The Tear Sheet: Revenge is cheap

Nov 7, 2006 at 7:28 pm
By the time some colleagues and I showed up in Crothersville two winters ago, carrying notebooks and armed with a passel of questions, little Katie Collman had been dead nearly a month, and the town was still busy asking itself how things had gotten so bad.

The murder was shocking, of course, but it was more than her death that had the sleepy Southern Indiana town on edge. The houses there seemed to sag in their frames, with the paint peeling and the downtown streets quiet. Drug use was up, wages had been falling and everywhere you looked the sheen had faded from storefront facades and faces alike.

Katie’s murder — which has been back in the news following the revelation that her cousin is charged with tattooing ‘KATIE’S revenge’ across her murderer’s forehead — held a mirror to the town, forcing it to confront its own indisputable decline.

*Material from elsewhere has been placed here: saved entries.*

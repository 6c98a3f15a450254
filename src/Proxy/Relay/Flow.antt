-- ===== src/Proxy/Relay/Flow.antt =====
-- What `relay` passes on, and what it counts.
use ece.Prelude.{
  sym, Bool-cases, ◌==◌, ◌<◌, ℕ, zero, suc, ◌^◌, ◌≡◌, ◌≢◌, ◌⊎◌, inl, inr, refl, Option, some, none,
  [], ◌∷◌, ◌++◌, Bytes, arith, length, add32, append-nil, length-append,
}
use ece.Sys.{M, Event, Kernel, Stop, Trace, sent, received}
use ece.Sys.After.{After, After-map}
use ece.Proxy.Relay.Read.{
  Passed, Passed-trans, NoBytes, AtEnd, copied, Unfinished, planned, RestRead, AllRead,
}
use ece.Proxy.Relay.{
  after_read, follow, relay_rest, after_first, drain, relay, response_size, count,
}

module _ (k : Kernel) (client_fd server_fd : ℕ) where
  abbrev Relayed : Trace → ℕ → Trace → Type 0
  Relayed t total t' =
      (x : Bytes) × Passed client_fd server_fd t t' x × AllRead k client_fd server_fd t x total t'

  -- The loop: the bytes passed on are added to `total`, up to the end of the data.
  abbrev Drained : ℕ → Trace → ℕ → Trace → Type 0
  Drained total t total' t' =
      (x : Bytes) × Passed client_fd server_fd t t' x
      × (total' ≡ add32 total (length x))
      × AtEnd server_fd t'

  Drained-more :
      (total : ℕ) (y : Bytes) (t u v : Trace) (total' : ℕ)
      → Passed client_fd server_fd t u y
      → Drained (add32 total (length y)) u total' v
      → Drained total t total' v
  Drained-more total y t u v total' p (x, q, e, h) =
      (y ++ x, Passed-trans client_fd server_fd t u v y x p q, omega (arith, length-append y x), h)

  copied-Passed :
      (x : Bytes) (t : Trace) → Passed client_fd server_fd t (copied k client_fd server_fd x t) x
  copied-Passed x t = ground arith

  -- A `read` that brings nothing.
  nothing-Drained :
      (total : ℕ) (r : Option Bytes) (t : Trace)
      → total < 2 ^ 32
      → NoBytes r
      → Drained total t total (Event.read server_fd r ∷ t)
  nothing-Drained total none t small h = (
    [],
    (sym (append-nil (sent client_fd t)), sym (append-nil (received server_fd t))),
    omega arith,
    (t, none, refl, tt),
  )
  nothing-Drained total (some []) t small h = (
    [],
    ground (arith, append-nil (sent client_fd t), append-nil (received server_fd t)),
    omega arith,
    (t, some [], refl, tt),
  )
  nothing-Drained total (some (b ∷ bs)) t small h = absurd h

  -- `next` stands for the rest of the loop.
  after_read-Drained :
      (next : ℕ → M ℕ)
      → ((total : ℕ) (t : Trace)
          → total < 2 ^ 32
          → After (next total t) (Drained total t) Unfinished)
      → (total : ℕ) (r : Option Bytes) (t : Trace) → total < 2 ^ 32
      → After
          (after_read k next client_fd total r (Event.read server_fd r ∷ t))
          (Drained total t)
          Unfinished
  unfolding after_read
  after_read-Drained next h total none t small = nothing-Drained total none t small tt
  after_read-Drained next h total (some []) t small = nothing-Drained total (some []) t small tt
  after_read-Drained next h total (some (b ∷ bs)) t small =
      let u = copied k client_fd server_fd (b ∷ bs) t in
      After-map (next (add32 total (length (b ∷ bs))) u) _ _ _ _
        (λ total' v g. Drained-more total (b ∷ bs) t u v total' (copied-Passed (b ∷ bs) t) g)
        (λ s v g. g) (h (add32 total (length (b ∷ bs))) u (omega arith))

  drain-Drained :
      (fuel total : ℕ) (t : Trace)
      → total < 2 ^ 32
      → After (drain k fuel client_fd server_fd total t) (Drained total t) Unfinished
  unfolding drain
  drain-Drained zero total t small = inr refl
  drain-Drained (suc fuel) total t small =
      after_read-Drained (drain k fuel client_fd server_fd) (drain-Drained fuel) total
        (k.read t server_fd response_size) t small

  module _ (t : Trace) (y : Bytes) (full : length y ≡ response_size) where
    abbrev behind : Trace
    behind = copied k client_fd server_fd y t

    -- The rest of a response, behind its first 1024 bytes.
    abbrev RestPassed : ℕ → Trace → Type 0
    RestPassed total t' =
        (x : Bytes) × Passed client_fd server_fd t t' x
        × RestRead k client_fd server_fd t y x total t'

    -- One more `read`.
    one_more :
        (fuel n : ℕ) (r : Option Bytes)
        → planned k client_fd server_fd y t ≡ some (some n)
        → k.read behind server_fd n ≡ r
        → After
            (follow k fuel client_fd server_fd (count (some y)) (some n) behind)
            RestPassed
            Unfinished
    unfolding follow
    one_more fuel n none p e =
        rw e (y, copied-Passed y t, inr (n, p, inr (e, refl, omega (arith, full))))
    one_more fuel n (some z) p e = rw e (
      y ++ z,
      Passed-trans client_fd server_fd t behind (copied k client_fd server_fd z behind) y z
          (copied-Passed y t) (copied-Passed z behind),
      inr (n, p, inl (z, e, refl, omega (arith, full, length-append y z))),
    )

    to_end :
        (fuel : ℕ)
        → planned k client_fd server_fd y t ≡ some none
        → After (drain k fuel client_fd server_fd (count (some y)) behind) RestPassed Unfinished
    to_end fuel p =
        After-map (drain k fuel client_fd server_fd (count (some y)) behind) _ _ _ _
          (λ total v (x, q, e, h). (
            y ++ x,
            Passed-trans client_fd server_fd t behind v y x (copied-Passed y t) q,
            inl (p, omega (arith, e, full, length-append y x), h),
          ))
          (λ s v g. g) (drain-Drained fuel (count (some y)) behind (omega arith))

    rest-Passed :
        (fuel : ℕ) (plan : Option (Option ℕ))
        → planned k client_fd server_fd y t ≡ plan
        → After (relay_rest k fuel client_fd server_fd y behind) RestPassed Unfinished
    unfolding relay_rest follow
    rest-Passed fuel none p = rw p (inl refl)
    rest-Passed fuel (some none) p = rw p (to_end fuel p)
    rest-Passed fuel (some (some n)) p = rw p (one_more fuel n (k.read behind server_fd n) p refl)

  relay-Relayed :
      (fuel : ℕ) (t : Trace) (r : Option Bytes)
      → k.read t server_fd response_size ≡ r
      → After (relay k fuel client_fd server_fd t) (Relayed t) Unfinished
  unfolding relay after_first
  relay-Relayed fuel t none e = rw e (
    [],
    (sym (append-nil (sent client_fd t)), sym (append-nil (received server_fd t))),
    inl (e, refl, refl),
  )
  relay-Relayed fuel t (some y) e = elim (Bool-cases (length y == response_size)) [
    | inl f ↦
        let full : length y ≡ response_size = ground arith in
        rw (e, f)
          (After-map (relay_rest k fuel client_fd server_fd y (copied k client_fd server_fd y t)) _
            _ _ _ (λ total v (x, q, h). (x, q, inr (y, e, inr (full, h)))) (λ s v g. g)
            (rest-Passed t y full fuel (planned k client_fd server_fd y t) refl))
    | inr f ↦
        let short : length y ≢ response_size = (λ h. ground arith) in
        rw (e, f) (y, copied-Passed y t, inr (y, e, inl (short, refl, omega arith)))
  ]

-- When `relay` returns, the client has been sent just the bytes that came from the server, in their
-- order. These are: none, if the first `read` failed, and -1 is returned then; what the first `read`
-- brought, if that is not 1024 bytes; otherwise, if the array shows no length, all up to the end of the
-- data or to an error of `read`; and if it shows one, also what one `read` more brought, which may be
-- less than the rest. The number returned is that of the bytes, in an `int`, but 1023 where that last
-- `read` failed. Otherwise the run met undefined behaviour or is still going on.
pub relay-Passed :
    (k : Kernel) (client_fd server_fd fuel : ℕ) (t : Trace)
    → After
        (relay k fuel client_fd server_fd t)
        (λ total t'.
          (x : Bytes) × Passed client_fd server_fd t t' x
          × AllRead k client_fd server_fd t x total t')
        (λ s t'. (s ≡ Stop.undefined) ⊎ (s ≡ Stop.running))
relay-Passed k client_fd server_fd fuel t =
    relay-Relayed k client_fd server_fd fuel t (k.read t server_fd response_size) refl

In an interview last week, following allegations that inmate Jared Harris tattooed the message across Anthony Stockelman’s forehead, family spokesman Terry Gray said the murder had served as a badly needed wake-up.
“The whole thing basically changed the way of life here,” said Terry Gray, who also has led fundraising efforts to build Katie’s Park, a civic gesture he and others in the town hope will symbolize a re-awakened sense of collective responsibility. “Now we don’t take anything for granted.”

Dozens of law-enforcement officers — including a double-digit contingent from the FBI — descended on Crothersville in the weeks after the murder. Though Stockelman eventually was convicted of molesting and murdering Katie, the heavy police presence produced a string of other drug-related arrests in the weeks following the murder, Gray said.

Thanks to that, the youths wandering around looking for drugs are gone, or at least underground, he said. Local residents are now tuned in to the presence of methamphetamine and other drugs in the area.
But the clean-up occasioned by the town’s response to the murder hasn’t eased the pain of Katie’s parents, Gray said. When Katie’s mother and father learned that her killer had been tattooed in his prison cell, they weren’t about to feel sorry for him, he said.

“In one of the first interviews he gave after he was in prison, he said prison life wasn’t that bad, kind of like being on vacation,” Gray said. “Well, that is a slap in the face to the parents to hear that from a man who molested and murdered their 10-year-daughter.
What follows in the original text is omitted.